Reproduce the records exactly, beginning with their first line and ending with the line that contains "abbrev pub max_tgs_per_node : ℕ", and output nothing more.

== Segment start ==

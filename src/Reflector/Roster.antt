-- ===== src/Reflector/Roster.antt =====
-- src/reflectd/config.c: the nodes and talkgroups of the reflector, read from the configuration. The
-- settings of the section `reflector` are left out.
pub mod Parts
pub mod Valid
use kerchunk.Prelude.{
  ℕ, zero, suc, ◌+◌, ◌-◌, ◌*◌, ◌%◌, Bool, true, false, not, ◌&&◌, ◌||◌, ltb, leb, ◌==◌,
  if◌then◌else◌, ℤ, pos, negsuc, Option, none, some, List, [], ◌∷◌, ◌++◌, length, map, take, drop,
}
use kerchunk.Text.{Bytes, is_digit, is_empty, fit, trim, same_text}
use kerchunk.Config.{CfgEntry}
use kerchunk.Config.Entries.{config_get, next_section}
use kerchunk.Config.Numbers.{atoi, get_int}
use kerchunk.Reflector.{RcfgTg, RcfgNode, Rcfg, is_listed}

-- `RCFG_MAX_NODES`, `RCFG_MAX_TGS` and `RCFG_MAX_TGS_PER_NODE`
abbrev pub max_nodes : ℕ
max_nodes = 256

abbrev pub max_tgs : ℕ
max_tgs = 64

abbrev pub max_tgs_per_node : ℕ
max_tgs_per_node = 32

-- `rcfg_node_t`
pub record NodeEntry : Type 0 where
  pub id : Bytes
  pub psk : List ℕ
  pub allowed_tgs : List ℕ
  pub default_tg : ℕ
  pub banned : Bool

-- `isxdigit`, and the value of such a digit
abbrev pub is_hex : ℕ → Bool
is_hex c = is_digit c || (leb b'a' c && leb c b'f') || (leb b'A' c && leb c b'F')

abbrev pub hex_value : ℕ → ℕ
hex_value c = if is_digit c then c - b'0' else if leb b'a' c then c - 87 else c - 55

-- `hex_to_bytes`, over an even number of digits
unfoldable pub hex_to_bytes : Bytes → Option (List ℕ)
hex_to_bytes [] = some []
hex_to_bytes (c ∷ []) = none
hex_to_bytes (c ∷ d ∷ s) =
    let rest = hex_to_bytes s in
    if is_hex c && is_hex d
    then (elim rest [ none ↦ none | some l ↦ some ((16 * hex_value c + hex_value d) ∷ l) ])
    else none

-- The last byte.
abbrev pub ends_in : ℕ → Bytes → Bool
ends_in q [] = false
ends_in q (c ∷ []) = c == q
ends_in q (c ∷ d ∷ s) = ends_in q (d ∷ s)

-- The quotes around a text that starts with one.
abbrev pub unquote : Bytes → Bytes
unquote [] = []
unquote (q ∷ s) = if (q == b'"' || q == 39) && ends_in q s then take (length s - 1) s else q ∷ s

-- `trim_unquote`
abbrev pub trim_unquote : Bytes → Bytes
trim_unquote s = unquote (trim s)

-- The tokens of `strtok_r` between commas, none of them empty, behind the bytes of one that is begun.
unfoldable pub tokens : Bytes → Bytes → List Bytes
tokens begun [] = if is_empty begun then [] else begun ∷ []
tokens begun (c ∷ s) =
    let fresh = tokens [] s in
    let longer = tokens (begun ++ (c ∷ [])) s in
    if c == b',' then (if is_empty begun then fresh else begun ∷ fresh) else longer

-- `split_csv`
unfoldable pub split_csv : ℕ → Bytes → List Bytes
unfolding tokens
split_csv max s = map trim_unquote (take max (tokens [] s))

-- A number from 1 to 65535.
abbrev pub tg_number : ℤ → Option ℕ
tg_number (pos v) = if v == 0 || ltb 65535 v then none else some v
tg_number (negsuc v) = none

-- The loop over the tokens of `allowed_tgs`.
unfoldable pub read_tgs : List Bytes → Option (List ℕ)
read_tgs [] = some []
read_tgs (t ∷ ts) =
    let rest = read_tgs ts in
    elim (tg_number (atoi t)) [
      | none ↦ none
      | some v ↦ (elim rest [ none ↦ none | some l ↦ some (v ∷ l) ])
    ]

-- The cast to `uint16_t`
abbrev pub u16_of : ℤ → ℕ
u16_of (pos n) = n % 65536
u16_of (negsuc n) = 65535 - n % 65536

-- The default talkgroup among the allowed ones.
abbrev pub with_default : ℕ → List ℕ → List ℕ
with_default tg l =
    if not (tg == 0) && (not (is_listed tg l) && ltb (length l) max_tgs_per_node)
    then l ++ (tg ∷ [])
    else l

abbrev pub is_set : ℤ → Bool
is_set (pos n) = not (n == 0)
is_set (negsuc n) = true

abbrev pub node_prefix : Bytes
node_prefix = b'n' ∷ b'o' ∷ b'd' ∷ b'e' ∷ b'.' ∷ []

abbrev pub tg_prefix : Bytes
tg_prefix = b't' ∷ b'a' ∷ b'l' ∷ b'k' ∷ b'g' ∷ b'r' ∷ b'o' ∷ b'u' ∷ b'p' ∷ b'.' ∷ []

abbrev pub psk_key : Bytes
psk_key =
    b'p' ∷ b'r' ∷ b'e' ∷ b's' ∷ b'h' ∷ b'a' ∷ b'r' ∷ b'e' ∷ b'd' ∷ b'_' ∷ b'k' ∷ b'e' ∷ b'y' ∷ b'_'
    ∷ b'h' ∷ b'e' ∷ b'x' ∷ []

abbrev pub allowed_key : Bytes
allowed_key = b'a' ∷ b'l' ∷ b'l' ∷ b'o' ∷ b'w' ∷ b'e' ∷ b'd' ∷ b'_' ∷ b't' ∷ b'g' ∷ b's' ∷ []

abbrev pub default_key : Bytes
default_key = b'd' ∷ b'e' ∷ b'f' ∷ b'a' ∷ b'u' ∷ b'l' ∷ b't' ∷ b'_' ∷ b't' ∷ b'g' ∷ []

abbrev pub banned_key : Bytes
banned_key = b'b' ∷ b'a' ∷ b'n' ∷ b'n' ∷ b'e' ∷ b'd' ∷ []

abbrev pub nodes_key : Bytes
nodes_key = b'n' ∷ b'o' ∷ b'd' ∷ b'e' ∷ b's' ∷ []

abbrev pub read_psk : Option Bytes → Option (List ℕ)
read_psk none = none
read_psk (some s) = if length s == 64 then hex_to_bytes s else none

abbrev pub read_allowed : Option Bytes → Option (List ℕ)
read_allowed none = some []
read_allowed (some s) = read_tgs (split_csv max_tgs_per_node (fit 256 s))

abbrev pub node_of : List CfgEntry → Bytes → Option (List ℕ) → Option (List ℕ) → Option NodeEntry
node_of es section none allowed = none
node_of es section (some psk) none = none
node_of es section (some psk) (some allowed) =
    let default_tg = u16_of (get_int es section default_key (pos 0)) in
    some (record {
      id = fit 64 (drop 5 section);
      psk = psk;
      allowed_tgs = with_default default_tg allowed;
      default_tg = default_tg;
      banned = is_set (get_int es section banned_key (pos 0));
    })

abbrev pub add_node : List NodeEntry → Option NodeEntry → Option (List NodeEntry)
add_node nodes none = none
add_node nodes (some n) = some (nodes ++ (n ∷ []))

-- `load_node`
unfoldable pub load_node : List CfgEntry → Bytes → List NodeEntry → Option (List NodeEntry)
unfolding hex_to_bytes read_tgs split_csv
load_node es section nodes =
    if leb max_nodes (length nodes)
    then none
    else add_node nodes (
        node_of es section (read_psk (config_get section psk_key es))
          (read_allowed (config_get section allowed_key es)))

-- `rcfg_node_idx`, from an index on
unfoldable pub node_idx_from : ℕ → List NodeEntry → Bytes → Option ℕ
node_idx_from i [] id = none
node_idx_from i (n ∷ ns) id =
    let rest = node_idx_from (i + 1) ns id in if same_text n.id id then some i else rest

-- The loop over the tokens of `nodes`.
unfoldable pub read_members : List NodeEntry → List Bytes → Option (List ℕ)
unfolding node_idx_from
read_members nodes [] = some []
read_members nodes (t ∷ ts) =
    let rest = read_members nodes ts in
    elim (node_idx_from 0 nodes t) [
      | none ↦ none
      | some i ↦ (elim rest [ none ↦ none | some l ↦ some (i ∷ l) ])
    ]

abbrev pub members_or_none : List NodeEntry → Option Bytes → Option (List ℕ)
members_or_none nodes none = some []
members_or_none nodes (some s) = read_members nodes (split_csv max_nodes (fit 1024 s))

abbrev pub add_tg : List RcfgTg → Option ℕ → Option (List ℕ) → Option (List RcfgTg)
add_tg tgs none members = none
add_tg tgs (some v) none = none
add_tg tgs (some v) (some members) = some (tgs ++ (record { number = v; members = members } ∷ []))

-- `load_tg`; the name is for display.
unfoldable pub load_tg : List CfgEntry → Bytes → List NodeEntry → List RcfgTg → Option (List RcfgTg)
unfolding read_members split_csv
load_tg es section nodes tgs =
    if leb max_tgs (length tgs)
    then none
    else add_tg tgs (tg_number (atoi (drop 10 section)))
        (members_or_none nodes (config_get section nodes_key es))

-- `strncmp(sec, prefix, n) == 0`
abbrev pub has_prefix : Bytes → Bytes → Bool
has_prefix prefix s = same_text (take (length prefix) s) prefix

-- The loop over the sections from an iterator on, and in it the loading of those with a prefix.
unfoldable pub each_section :
    {A : Type 0} → (Bytes → A → Option A) → Bytes → ℕ → List CfgEntry → ℕ → A → Option A
each_section load prefix zero es iter a = some a
each_section load prefix (suc rounds) es iter a = elim (next_section es iter) [
  | none ↦ some a
  | some s ↦
      if has_prefix prefix s
      then (elim (load s a) [
        | none ↦ none
        | some a' ↦ each_section load prefix rounds es (iter + 1) a'
      ])
      else each_section load prefix rounds es (iter + 1) a
]

abbrev pub some_of_each :
    List NodeEntry → Option (List RcfgTg) → Option (List NodeEntry × List RcfgTg)
some_of_each nodes none = none
some_of_each nodes (some tgs) =
    if length nodes == 0 || length tgs == 0 then none else some (nodes, tgs)

-- `rcfg_load`, behind the settings: two passes over the sections, of which there are no more than entries.
unfoldable pub rcfg_load : List CfgEntry → Option (List NodeEntry × List RcfgTg)
unfolding each_section load_node load_tg
rcfg_load es =
    let rounds = length es + 1 in
    elim (each_section (load_node es) node_prefix rounds es 0 []) [
      | none ↦ none
      | some nodes ↦
          some_of_each nodes
            (each_section (λ s tgs. load_tg es s nodes tgs) tg_prefix rounds es 0 [])
    ]
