-- ===== src/Reflector/Roster/Parts.antt =====
-- What src/reflectd/config.c reads of one node or talkgroup.
use kerchunk.Prelude.{
  ℕ, zero, suc, ◌+◌, ◌<◌, ◌≤◌, ◌≡◌, refl, ap, subst, sym, not, ◌&&◌, ltb, ◌==◌, ℤ, pos, negsuc,
  Option, none, some, List, [], ◌∷◌, ◌++◌, length, length-append, length-map, length-take, take,
  arith, Bool-cases, Option-cases, inl, inr,
}
use kerchunk.Text.{Bytes, fit}
use kerchunk.Config.{CfgEntry}
use kerchunk.Config.Entries.{next_section}
use kerchunk.Config.Numbers.{atoi}
use kerchunk.Reflector.{RcfgTg, is_listed}
use kerchunk.Reflector.Roster.{
  NodeEntry, max_tgs_per_node, tg_number, read_members, node_idx_from, each_section, has_prefix,
  read_allowed, split_csv, read_tgs, tokens, trim_unquote, with_default, u16_of, read_tgs, tokens,
  trim_unquote, with_default, u16_of,
}

abbrev pub AllBelow : ℕ → List ℕ → Type 0
AllBelow n [] = Unit {0}
AllBelow n (x ∷ xs) = (x < n) × AllBelow n xs

-- A talkgroup has a number from 1 to 65535, and members that are nodes.
abbrev pub AllTgs : ℕ → List RcfgTg → Type 0
AllTgs n [] = Unit {0}
AllTgs n (t ∷ ts) = ((0 < t.number) × (t.number ≤ 65535) × AllBelow n t.members) × AllTgs n ts

pub tg_number_lem : (v : ℤ) (n : ℕ) → tg_number v ≡ some n → (0 < n) × (n ≤ 65535)
tg_number_lem (pos v) n e = ground arith
tg_number_lem (negsuc v) n e = cc

node_idx_from_lt :
    (i : ℕ) (ns : List NodeEntry) (id : Bytes) (j : ℕ)
    → node_idx_from i ns id ≡ some j
    → j < i + length ns
unfolding node_idx_from
node_idx_from_lt i [] id j e = cc
node_idx_from_lt i (n ∷ ns) id j e = ground (arith, node_idx_from_lt (i + 1) ns id j)

pub read_members-AllBelow :
    (nodes : List NodeEntry) (ts : List Bytes) (l : List ℕ)
    → read_members nodes ts ≡ some l
    → AllBelow (length nodes) l
unfolding read_members
read_members-AllBelow nodes [] l e =
    let same : [] ≡ l = cc in subst (AllBelow (length nodes)) same tt
read_members-AllBelow nodes (t ∷ ts) l e = elim (Option-cases (node_idx_from 0 nodes t)) [
  | inl none_there ↦ ground arith
  | inr (i, there) ↦ elim (Option-cases (read_members nodes ts)) [
    | inl rest ↦ ground arith
    | inr (is, rest) ↦
        let same : i ∷ is ≡ l = ground arith in
        let below : i < length nodes = omega (arith, node_idx_from_lt 0 nodes t i there) in
        subst (AllBelow (length nodes)) same (below, read_members-AllBelow nodes ts is rest)
  ]
]

-- What a load keeps, the loop over the sections keeps.
pub each_section_keeps :
    {A : Type 0} (P : A → Type 0) (load : Bytes → A → Option A) (prefix : Bytes)
    → ((s : Bytes) (a a' : A) → P a → load s a ≡ some a' → P a')
    → (rounds : ℕ) (es : List CfgEntry) (iter : ℕ) (a a' : A) → P a
    → each_section load prefix rounds es iter a ≡ some a'
    → P a'
unfolding each_section
each_section_keeps P load prefix k zero es iter a a' p e = let same : a ≡ a' = cc in subst P same p
each_section_keeps P load prefix k (suc rounds) es iter a a' p e =
    elim (Option-cases (next_section es iter)) [
      | inl n ↦ let same : a ≡ a' = ground arith in subst P same p
      | inr (s, n) ↦ elim (Bool-cases (has_prefix prefix s)) [
        | inl y ↦ elim (Option-cases (load s a)) [
          | inl f ↦ ground arith
          | inr (b, f) ↦
              let rest : each_section load prefix rounds es (iter + 1) b ≡ some a' = ground arith in
              each_section_keeps P load prefix k rounds es (iter + 1) b a' (k s a b p f) rest
        ]
        | inr y ↦
            let rest : each_section load prefix rounds es (iter + 1) a ≡ some a' = ground arith in
            each_section_keeps P load prefix k rounds es (iter + 1) a a' p rest
      ]
    ]

-- What a node may hear: at most 32 talkgroups, with numbers from 1 to 65535.
abbrev pub AllNumbers : List ℕ → Type 0
AllNumbers [] = Unit {0}
AllNumbers (x ∷ xs) = ((0 < x) × (x ≤ 65535)) × AllNumbers xs

abbrev pub AllNodes : List NodeEntry → Type 0
AllNodes [] = Unit {0}
AllNodes (n ∷ ns) =
    ((length n.allowed_tgs ≤ max_tgs_per_node) × AllNumbers n.allowed_tgs) × AllNodes ns

read_tgs-AllNumbers :
    (ts : List Bytes) (l : List ℕ) → read_tgs ts ≡ some l → AllNumbers l × (length l ≡ length ts)
unfolding read_tgs
read_tgs-AllNumbers [] l e =
    let same : [] ≡ l = cc in subst (λ x. AllNumbers x × (length x ≡ 0)) same (tt, refl)
read_tgs-AllNumbers (t ∷ ts) l e = elim (Option-cases (tg_number (atoi t))) [
  | inl n ↦ ground arith
  | inr (v, n) ↦ elim (Option-cases (read_tgs ts)) [
    | inl r ↦ ground arith
    | inr (vs, r) ↦
        let same : v ∷ vs ≡ l = ground arith in
        let tail = read_tgs-AllNumbers ts vs r in
        subst (λ x. AllNumbers x × (length x ≡ length (t ∷ ts))) same
          ((tg_number_lem (atoi t) v n, tail.0), ap suc tail.1)
  ]
]

length-split_csv : (max : ℕ) (s : Bytes) → length (split_csv max s) ≤ max
unfolding split_csv
length-split_csv max s =
    let ts = tokens [] s in omega (arith, length-map (take max ts) trim_unquote, length-take max ts)

AllNumbers-append :
    (l : List ℕ) (x : ℕ) → AllNumbers l → 0 < x → x ≤ 65535 → AllNumbers (l ++ (x ∷ []))
AllNumbers-append [] x a p q = ((p, q), tt)
AllNumbers-append (y ∷ l) x a p q = (a.0, AllNumbers-append l x a.1 p q)

pub u16_of_lt : (v : ℤ) → u16_of v < 65536
u16_of_lt (pos n) = omega arith
u16_of_lt (negsuc n) = omega arith

pub with_default_lem :
    (tg : ℕ) (l : List ℕ)
    → tg < 65536
    → AllNumbers l
    → length l ≤ max_tgs_per_node
    → AllNumbers (with_default tg l) × (length (with_default tg l) ≤ max_tgs_per_node)
with_default_lem tg l t a m =
    elim (Bool-cases (not (tg == 0) && (not (is_listed tg l) && ltb (length l) max_tgs_per_node))) [
      | inl y ↦
          let whole : with_default tg l ≡ l ++ (tg ∷ []) = rw (y) refl in
          let longer = length-append l (tg ∷ []) in
          subst (λ x. AllNumbers x × (length x ≤ max_tgs_per_node)) (sym whole)
            (AllNumbers-append l tg a (ground arith) (omega arith), ground (arith, longer))
      | inr n ↦
          let whole : with_default tg l ≡ l = rw (n) refl in
          subst (λ x. AllNumbers x × (length x ≤ max_tgs_per_node)) (sym whole) (a, m)
    ]

pub read_allowed_lem :
    (s : Option Bytes) (l : List ℕ)
    → read_allowed s ≡ some l
    → AllNumbers l × (length l ≤ max_tgs_per_node)
read_allowed_lem none l e =
    let same : [] ≡ l = cc in
    subst (λ x. AllNumbers x × (length x ≤ max_tgs_per_node)) same (tt, omega arith)
read_allowed_lem (some s) l e =
    let r = read_tgs-AllNumbers (split_csv max_tgs_per_node (fit 256 s)) l e in
    (r.0, omega (arith, r.1, length-split_csv max_tgs_per_node (fit 256 s)))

== Segment end ==

◆ RESPONSE TO THIS EXERCISE
filename src/Reflector/Roster.antt
-- ===== src/Reflector/Roster.antt =====
-- src/reflectd/config.c: the nodes and talkgroups of the reflector, read from the configuration. The
-- settings of the section `reflector` are left out.
pub mod Parts
pub mod Valid
use kerchunk.Prelude.{
  ℕ, zero, suc, ◌+◌, ◌-◌, ◌*◌, ◌%◌, Bool, true, false, not, ◌&&◌, ◌||◌, ltb, leb, ◌==◌,
  if◌then◌else◌, ℤ, pos, negsuc, Option, none, some, List, [], ◌∷◌, ◌++◌, length, map, take, drop,
}
use kerchunk.Text.{Bytes, is_digit, is_empty, fit, trim, same_text}
use kerchunk.Config.{CfgEntry}
use kerchunk.Config.Entries.{config_get, next_section}
use kerchunk.Config.Numbers.{atoi, get_int}
use kerchunk.Reflector.{RcfgTg, RcfgNode, Rcfg, is_listed}

-- `RCFG_MAX_NODES`, `RCFG_MAX_TGS` and `RCFG_MAX_TGS_PER_NODE`
abbrev pub max_nodes : ℕ
max_nodes = 256

abbrev pub max_tgs : ℕ
max_tgs = 64

abbrev pub max_tgs_per_node : ℕ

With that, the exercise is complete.